**Your assignment**
Find the string "sleep" in the records and copy each line where it occurs.

**Available records**
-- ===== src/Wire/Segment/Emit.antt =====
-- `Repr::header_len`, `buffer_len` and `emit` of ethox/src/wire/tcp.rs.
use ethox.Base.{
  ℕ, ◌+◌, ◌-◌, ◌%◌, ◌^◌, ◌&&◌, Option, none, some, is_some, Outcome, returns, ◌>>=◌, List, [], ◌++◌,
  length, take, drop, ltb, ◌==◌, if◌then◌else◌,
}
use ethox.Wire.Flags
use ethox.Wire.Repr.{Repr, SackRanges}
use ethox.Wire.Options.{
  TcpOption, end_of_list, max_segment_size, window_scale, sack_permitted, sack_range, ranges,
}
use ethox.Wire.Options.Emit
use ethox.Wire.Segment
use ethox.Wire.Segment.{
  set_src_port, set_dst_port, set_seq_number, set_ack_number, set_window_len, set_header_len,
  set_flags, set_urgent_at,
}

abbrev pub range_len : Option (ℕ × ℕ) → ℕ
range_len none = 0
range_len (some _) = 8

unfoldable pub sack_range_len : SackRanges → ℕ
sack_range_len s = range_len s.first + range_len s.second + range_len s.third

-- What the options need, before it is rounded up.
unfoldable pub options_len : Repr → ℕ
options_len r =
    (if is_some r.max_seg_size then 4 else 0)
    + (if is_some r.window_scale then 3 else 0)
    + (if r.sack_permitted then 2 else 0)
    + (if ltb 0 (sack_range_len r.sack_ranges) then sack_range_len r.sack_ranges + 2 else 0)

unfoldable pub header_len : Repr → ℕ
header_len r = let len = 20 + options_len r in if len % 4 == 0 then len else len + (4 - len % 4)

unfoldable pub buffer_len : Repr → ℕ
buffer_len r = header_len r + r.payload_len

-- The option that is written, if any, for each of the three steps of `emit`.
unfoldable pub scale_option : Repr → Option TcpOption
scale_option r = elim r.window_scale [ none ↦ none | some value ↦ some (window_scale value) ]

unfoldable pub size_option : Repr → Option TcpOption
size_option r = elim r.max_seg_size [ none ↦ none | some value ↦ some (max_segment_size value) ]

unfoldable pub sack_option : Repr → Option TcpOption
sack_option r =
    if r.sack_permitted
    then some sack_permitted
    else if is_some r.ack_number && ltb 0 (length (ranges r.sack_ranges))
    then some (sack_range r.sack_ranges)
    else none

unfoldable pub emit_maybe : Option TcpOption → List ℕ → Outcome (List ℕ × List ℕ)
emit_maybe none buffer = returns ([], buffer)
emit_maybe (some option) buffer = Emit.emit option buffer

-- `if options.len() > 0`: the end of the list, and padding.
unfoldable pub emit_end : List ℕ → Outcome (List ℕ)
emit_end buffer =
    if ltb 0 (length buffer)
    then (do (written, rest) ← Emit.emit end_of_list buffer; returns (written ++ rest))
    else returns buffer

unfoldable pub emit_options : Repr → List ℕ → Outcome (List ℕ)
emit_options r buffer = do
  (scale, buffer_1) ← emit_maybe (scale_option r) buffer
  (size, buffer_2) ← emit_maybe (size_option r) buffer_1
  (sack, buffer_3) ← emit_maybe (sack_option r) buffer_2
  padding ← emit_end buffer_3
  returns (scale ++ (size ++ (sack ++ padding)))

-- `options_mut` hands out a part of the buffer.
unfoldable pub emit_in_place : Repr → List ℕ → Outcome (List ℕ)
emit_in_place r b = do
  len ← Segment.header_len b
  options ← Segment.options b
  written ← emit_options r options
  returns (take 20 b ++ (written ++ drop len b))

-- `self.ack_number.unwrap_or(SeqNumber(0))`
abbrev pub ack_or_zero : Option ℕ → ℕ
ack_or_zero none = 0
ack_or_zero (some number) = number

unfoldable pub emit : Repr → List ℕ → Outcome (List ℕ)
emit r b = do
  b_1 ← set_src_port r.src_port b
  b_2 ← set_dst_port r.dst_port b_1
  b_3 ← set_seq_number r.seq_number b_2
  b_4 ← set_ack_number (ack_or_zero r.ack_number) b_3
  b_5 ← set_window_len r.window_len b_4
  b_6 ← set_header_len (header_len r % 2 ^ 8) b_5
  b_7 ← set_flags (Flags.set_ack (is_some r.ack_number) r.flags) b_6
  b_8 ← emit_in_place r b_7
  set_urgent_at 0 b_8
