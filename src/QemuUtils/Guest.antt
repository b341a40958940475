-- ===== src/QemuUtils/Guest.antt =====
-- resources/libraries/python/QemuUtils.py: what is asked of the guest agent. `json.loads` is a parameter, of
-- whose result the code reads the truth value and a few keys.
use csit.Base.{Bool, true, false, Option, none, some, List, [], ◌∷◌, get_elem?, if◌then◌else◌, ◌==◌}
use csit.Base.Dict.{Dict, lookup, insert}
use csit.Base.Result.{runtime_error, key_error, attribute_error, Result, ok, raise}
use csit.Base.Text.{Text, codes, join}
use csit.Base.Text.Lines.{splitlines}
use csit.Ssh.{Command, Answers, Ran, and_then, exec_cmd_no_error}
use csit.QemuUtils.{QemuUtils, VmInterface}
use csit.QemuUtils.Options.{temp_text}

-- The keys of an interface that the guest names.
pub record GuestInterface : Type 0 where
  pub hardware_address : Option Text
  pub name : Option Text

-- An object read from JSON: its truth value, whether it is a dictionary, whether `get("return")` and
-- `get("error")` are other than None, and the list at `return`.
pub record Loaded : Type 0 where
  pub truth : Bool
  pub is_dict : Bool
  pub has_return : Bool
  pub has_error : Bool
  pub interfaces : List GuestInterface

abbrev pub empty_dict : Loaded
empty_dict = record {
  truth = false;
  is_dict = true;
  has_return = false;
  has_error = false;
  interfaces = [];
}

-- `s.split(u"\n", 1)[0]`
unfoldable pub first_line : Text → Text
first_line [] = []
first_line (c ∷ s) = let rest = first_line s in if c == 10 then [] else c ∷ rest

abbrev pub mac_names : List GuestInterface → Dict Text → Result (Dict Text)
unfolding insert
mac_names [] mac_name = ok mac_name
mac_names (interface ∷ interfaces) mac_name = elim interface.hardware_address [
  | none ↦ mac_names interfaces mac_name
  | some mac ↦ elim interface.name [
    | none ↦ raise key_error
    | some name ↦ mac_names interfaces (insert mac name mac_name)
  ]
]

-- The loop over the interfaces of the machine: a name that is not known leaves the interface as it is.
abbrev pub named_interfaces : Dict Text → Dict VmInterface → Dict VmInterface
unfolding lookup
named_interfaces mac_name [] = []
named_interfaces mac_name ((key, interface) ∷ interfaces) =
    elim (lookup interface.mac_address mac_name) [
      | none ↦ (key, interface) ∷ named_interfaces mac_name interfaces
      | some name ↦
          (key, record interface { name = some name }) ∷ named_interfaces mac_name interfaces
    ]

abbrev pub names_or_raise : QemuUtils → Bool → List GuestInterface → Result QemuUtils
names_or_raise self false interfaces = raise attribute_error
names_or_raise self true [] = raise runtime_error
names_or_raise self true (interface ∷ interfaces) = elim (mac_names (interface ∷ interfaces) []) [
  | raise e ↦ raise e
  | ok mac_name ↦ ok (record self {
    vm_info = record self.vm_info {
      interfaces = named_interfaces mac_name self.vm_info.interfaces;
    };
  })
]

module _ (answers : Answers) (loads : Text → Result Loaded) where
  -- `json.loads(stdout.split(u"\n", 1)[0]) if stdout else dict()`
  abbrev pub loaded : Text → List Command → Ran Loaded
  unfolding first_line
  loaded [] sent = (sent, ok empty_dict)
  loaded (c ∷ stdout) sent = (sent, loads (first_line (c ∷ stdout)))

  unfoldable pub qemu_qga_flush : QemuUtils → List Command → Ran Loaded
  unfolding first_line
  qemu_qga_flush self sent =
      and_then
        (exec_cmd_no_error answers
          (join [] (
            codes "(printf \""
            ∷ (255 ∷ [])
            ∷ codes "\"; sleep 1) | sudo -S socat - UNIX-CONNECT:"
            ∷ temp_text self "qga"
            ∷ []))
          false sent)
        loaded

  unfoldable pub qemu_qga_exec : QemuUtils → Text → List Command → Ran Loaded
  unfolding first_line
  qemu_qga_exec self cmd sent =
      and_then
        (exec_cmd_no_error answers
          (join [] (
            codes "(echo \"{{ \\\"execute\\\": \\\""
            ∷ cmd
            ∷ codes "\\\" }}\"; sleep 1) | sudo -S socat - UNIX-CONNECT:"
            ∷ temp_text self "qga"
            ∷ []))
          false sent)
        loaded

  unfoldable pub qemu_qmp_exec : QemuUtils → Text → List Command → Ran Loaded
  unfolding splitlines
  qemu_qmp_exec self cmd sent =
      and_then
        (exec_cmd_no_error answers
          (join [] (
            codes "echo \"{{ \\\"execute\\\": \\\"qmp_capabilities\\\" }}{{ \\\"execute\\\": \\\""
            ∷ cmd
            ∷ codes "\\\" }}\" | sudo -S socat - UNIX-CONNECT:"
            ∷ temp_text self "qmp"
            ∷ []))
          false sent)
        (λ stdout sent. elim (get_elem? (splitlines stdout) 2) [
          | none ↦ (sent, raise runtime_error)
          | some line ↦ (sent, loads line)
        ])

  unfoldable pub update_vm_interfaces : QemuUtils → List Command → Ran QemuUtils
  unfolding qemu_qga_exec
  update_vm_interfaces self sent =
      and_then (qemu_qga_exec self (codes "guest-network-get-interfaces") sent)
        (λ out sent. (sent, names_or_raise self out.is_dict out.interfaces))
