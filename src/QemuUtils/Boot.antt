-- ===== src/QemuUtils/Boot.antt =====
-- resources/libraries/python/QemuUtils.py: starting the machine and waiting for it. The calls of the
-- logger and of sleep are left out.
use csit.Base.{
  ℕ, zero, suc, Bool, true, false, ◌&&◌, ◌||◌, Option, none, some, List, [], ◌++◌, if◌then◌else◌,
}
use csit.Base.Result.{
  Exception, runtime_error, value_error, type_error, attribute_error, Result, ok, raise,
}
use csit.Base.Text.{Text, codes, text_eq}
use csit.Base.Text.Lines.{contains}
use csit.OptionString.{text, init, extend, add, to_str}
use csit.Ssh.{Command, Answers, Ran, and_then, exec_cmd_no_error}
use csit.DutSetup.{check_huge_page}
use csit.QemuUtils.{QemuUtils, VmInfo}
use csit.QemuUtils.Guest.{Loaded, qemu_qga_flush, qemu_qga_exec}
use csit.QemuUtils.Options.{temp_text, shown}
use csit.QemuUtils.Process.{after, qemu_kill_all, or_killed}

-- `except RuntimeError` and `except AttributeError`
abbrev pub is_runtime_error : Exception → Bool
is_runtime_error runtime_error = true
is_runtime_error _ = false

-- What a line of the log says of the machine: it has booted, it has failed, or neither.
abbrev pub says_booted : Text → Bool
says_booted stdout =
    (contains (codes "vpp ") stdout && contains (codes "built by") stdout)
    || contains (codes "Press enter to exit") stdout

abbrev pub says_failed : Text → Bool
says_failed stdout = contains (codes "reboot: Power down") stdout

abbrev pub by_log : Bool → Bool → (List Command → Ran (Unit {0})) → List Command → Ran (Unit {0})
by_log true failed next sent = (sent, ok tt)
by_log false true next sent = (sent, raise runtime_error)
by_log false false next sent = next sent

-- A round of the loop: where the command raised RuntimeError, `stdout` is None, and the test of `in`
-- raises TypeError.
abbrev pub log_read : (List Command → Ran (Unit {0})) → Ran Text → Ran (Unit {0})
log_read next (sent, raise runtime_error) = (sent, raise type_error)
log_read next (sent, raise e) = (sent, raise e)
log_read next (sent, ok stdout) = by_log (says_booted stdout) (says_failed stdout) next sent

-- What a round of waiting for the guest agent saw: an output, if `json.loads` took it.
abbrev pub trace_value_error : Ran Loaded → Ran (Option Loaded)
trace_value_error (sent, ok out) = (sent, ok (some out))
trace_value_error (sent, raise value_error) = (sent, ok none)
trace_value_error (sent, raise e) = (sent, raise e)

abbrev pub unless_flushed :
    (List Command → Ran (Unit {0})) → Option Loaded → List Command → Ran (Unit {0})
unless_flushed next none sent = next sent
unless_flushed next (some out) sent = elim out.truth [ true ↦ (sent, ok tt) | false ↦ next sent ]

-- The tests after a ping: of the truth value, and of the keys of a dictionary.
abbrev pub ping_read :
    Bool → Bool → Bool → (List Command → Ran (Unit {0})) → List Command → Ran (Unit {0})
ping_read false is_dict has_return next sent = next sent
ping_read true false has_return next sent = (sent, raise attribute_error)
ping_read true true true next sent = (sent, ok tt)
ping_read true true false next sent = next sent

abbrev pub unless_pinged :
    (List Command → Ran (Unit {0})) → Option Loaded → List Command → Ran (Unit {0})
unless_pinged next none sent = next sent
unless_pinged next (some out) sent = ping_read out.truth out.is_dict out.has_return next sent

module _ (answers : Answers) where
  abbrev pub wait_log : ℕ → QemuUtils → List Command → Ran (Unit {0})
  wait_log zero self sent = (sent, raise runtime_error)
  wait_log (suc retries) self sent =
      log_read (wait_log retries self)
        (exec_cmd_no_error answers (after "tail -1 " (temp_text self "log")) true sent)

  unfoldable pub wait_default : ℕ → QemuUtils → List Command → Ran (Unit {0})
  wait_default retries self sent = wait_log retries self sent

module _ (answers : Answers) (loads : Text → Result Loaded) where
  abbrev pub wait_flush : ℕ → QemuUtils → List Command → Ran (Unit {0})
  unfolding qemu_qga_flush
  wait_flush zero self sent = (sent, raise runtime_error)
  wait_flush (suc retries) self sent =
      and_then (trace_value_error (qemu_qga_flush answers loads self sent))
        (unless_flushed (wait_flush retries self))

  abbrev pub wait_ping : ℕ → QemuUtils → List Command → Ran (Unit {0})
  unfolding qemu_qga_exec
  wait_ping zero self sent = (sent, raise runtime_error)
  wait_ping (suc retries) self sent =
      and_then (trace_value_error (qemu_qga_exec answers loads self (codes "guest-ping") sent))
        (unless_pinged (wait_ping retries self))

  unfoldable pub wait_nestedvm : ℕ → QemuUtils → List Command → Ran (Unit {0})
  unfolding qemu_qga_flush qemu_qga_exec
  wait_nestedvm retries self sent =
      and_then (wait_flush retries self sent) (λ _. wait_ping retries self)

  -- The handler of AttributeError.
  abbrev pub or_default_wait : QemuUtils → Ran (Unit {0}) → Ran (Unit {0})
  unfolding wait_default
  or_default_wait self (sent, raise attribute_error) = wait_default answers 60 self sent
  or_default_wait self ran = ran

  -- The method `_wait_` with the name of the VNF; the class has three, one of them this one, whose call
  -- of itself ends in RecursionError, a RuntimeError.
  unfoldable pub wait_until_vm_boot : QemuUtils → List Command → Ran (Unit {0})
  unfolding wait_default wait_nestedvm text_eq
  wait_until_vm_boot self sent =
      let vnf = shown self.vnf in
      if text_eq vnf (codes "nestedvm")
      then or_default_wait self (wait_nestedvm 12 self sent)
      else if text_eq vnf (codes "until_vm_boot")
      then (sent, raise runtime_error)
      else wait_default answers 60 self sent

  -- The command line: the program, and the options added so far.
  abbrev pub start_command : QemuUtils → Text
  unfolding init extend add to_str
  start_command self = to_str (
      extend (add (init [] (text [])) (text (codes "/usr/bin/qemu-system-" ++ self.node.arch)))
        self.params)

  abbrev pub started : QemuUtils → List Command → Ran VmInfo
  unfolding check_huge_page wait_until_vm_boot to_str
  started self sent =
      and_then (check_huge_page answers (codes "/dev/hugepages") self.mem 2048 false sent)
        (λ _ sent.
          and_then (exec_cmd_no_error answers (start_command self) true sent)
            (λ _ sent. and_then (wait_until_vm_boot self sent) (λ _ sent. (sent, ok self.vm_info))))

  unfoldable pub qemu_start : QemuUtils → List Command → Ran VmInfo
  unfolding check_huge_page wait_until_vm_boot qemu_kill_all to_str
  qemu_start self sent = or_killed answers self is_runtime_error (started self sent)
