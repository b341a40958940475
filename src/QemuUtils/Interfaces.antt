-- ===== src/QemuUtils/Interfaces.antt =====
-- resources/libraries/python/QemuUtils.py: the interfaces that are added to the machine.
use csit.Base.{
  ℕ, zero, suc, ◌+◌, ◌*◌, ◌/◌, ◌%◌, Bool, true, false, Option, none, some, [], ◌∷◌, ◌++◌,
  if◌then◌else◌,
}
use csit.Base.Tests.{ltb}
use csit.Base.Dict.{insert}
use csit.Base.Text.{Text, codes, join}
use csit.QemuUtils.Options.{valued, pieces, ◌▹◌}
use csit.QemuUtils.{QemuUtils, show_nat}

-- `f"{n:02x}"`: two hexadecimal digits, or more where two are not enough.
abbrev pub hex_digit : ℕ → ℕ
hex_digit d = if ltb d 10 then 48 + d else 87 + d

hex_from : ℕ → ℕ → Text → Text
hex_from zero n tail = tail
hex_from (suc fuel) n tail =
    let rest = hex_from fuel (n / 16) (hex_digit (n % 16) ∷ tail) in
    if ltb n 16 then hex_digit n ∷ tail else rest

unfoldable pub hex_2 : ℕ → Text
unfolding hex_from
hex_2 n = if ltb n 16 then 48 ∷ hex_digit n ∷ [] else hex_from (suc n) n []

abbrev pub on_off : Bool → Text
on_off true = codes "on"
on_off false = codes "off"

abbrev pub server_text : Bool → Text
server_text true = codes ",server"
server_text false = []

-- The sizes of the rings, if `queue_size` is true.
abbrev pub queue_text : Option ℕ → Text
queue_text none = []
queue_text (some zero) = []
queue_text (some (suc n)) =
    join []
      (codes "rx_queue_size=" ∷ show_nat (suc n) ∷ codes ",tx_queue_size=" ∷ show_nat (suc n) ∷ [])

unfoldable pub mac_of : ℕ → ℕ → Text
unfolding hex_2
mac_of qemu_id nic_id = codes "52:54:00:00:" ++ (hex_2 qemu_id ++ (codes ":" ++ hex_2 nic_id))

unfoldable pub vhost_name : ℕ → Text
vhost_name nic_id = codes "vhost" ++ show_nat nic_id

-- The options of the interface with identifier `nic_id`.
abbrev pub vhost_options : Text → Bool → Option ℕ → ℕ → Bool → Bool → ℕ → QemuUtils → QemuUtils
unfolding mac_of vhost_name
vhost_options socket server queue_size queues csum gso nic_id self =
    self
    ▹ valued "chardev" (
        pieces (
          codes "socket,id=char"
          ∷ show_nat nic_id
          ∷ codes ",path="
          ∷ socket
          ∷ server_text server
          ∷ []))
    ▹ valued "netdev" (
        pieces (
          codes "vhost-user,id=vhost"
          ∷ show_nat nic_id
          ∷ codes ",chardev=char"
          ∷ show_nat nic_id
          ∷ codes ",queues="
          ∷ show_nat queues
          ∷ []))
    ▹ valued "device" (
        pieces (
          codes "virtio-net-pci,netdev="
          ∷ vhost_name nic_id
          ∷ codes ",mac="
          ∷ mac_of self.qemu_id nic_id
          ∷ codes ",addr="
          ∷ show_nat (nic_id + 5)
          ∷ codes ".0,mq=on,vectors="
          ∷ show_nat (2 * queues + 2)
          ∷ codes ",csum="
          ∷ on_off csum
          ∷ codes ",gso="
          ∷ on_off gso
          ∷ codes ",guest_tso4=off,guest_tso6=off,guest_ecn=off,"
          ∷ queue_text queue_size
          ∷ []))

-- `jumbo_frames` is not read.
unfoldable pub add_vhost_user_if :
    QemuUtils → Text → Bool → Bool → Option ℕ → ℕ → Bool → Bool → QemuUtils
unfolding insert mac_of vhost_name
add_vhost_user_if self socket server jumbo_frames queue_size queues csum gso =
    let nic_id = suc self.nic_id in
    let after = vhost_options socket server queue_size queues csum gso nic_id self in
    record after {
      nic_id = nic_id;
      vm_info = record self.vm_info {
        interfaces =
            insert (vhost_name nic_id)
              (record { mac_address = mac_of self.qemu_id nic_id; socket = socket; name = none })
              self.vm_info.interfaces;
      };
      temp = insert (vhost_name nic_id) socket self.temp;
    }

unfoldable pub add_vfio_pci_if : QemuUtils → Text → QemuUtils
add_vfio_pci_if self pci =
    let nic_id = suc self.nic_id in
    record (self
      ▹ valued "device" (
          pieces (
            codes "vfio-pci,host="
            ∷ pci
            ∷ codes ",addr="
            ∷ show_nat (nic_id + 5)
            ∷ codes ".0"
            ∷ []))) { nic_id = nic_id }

**Output**
            ∷ codes "\"; sleep 1) | sudo -S socat - UNIX-CONNECT:"
            ∷ codes "\\\" }}\"; sleep 1) | sudo -S socat - UNIX-CONNECT:"
-- logger and of sleep are left out.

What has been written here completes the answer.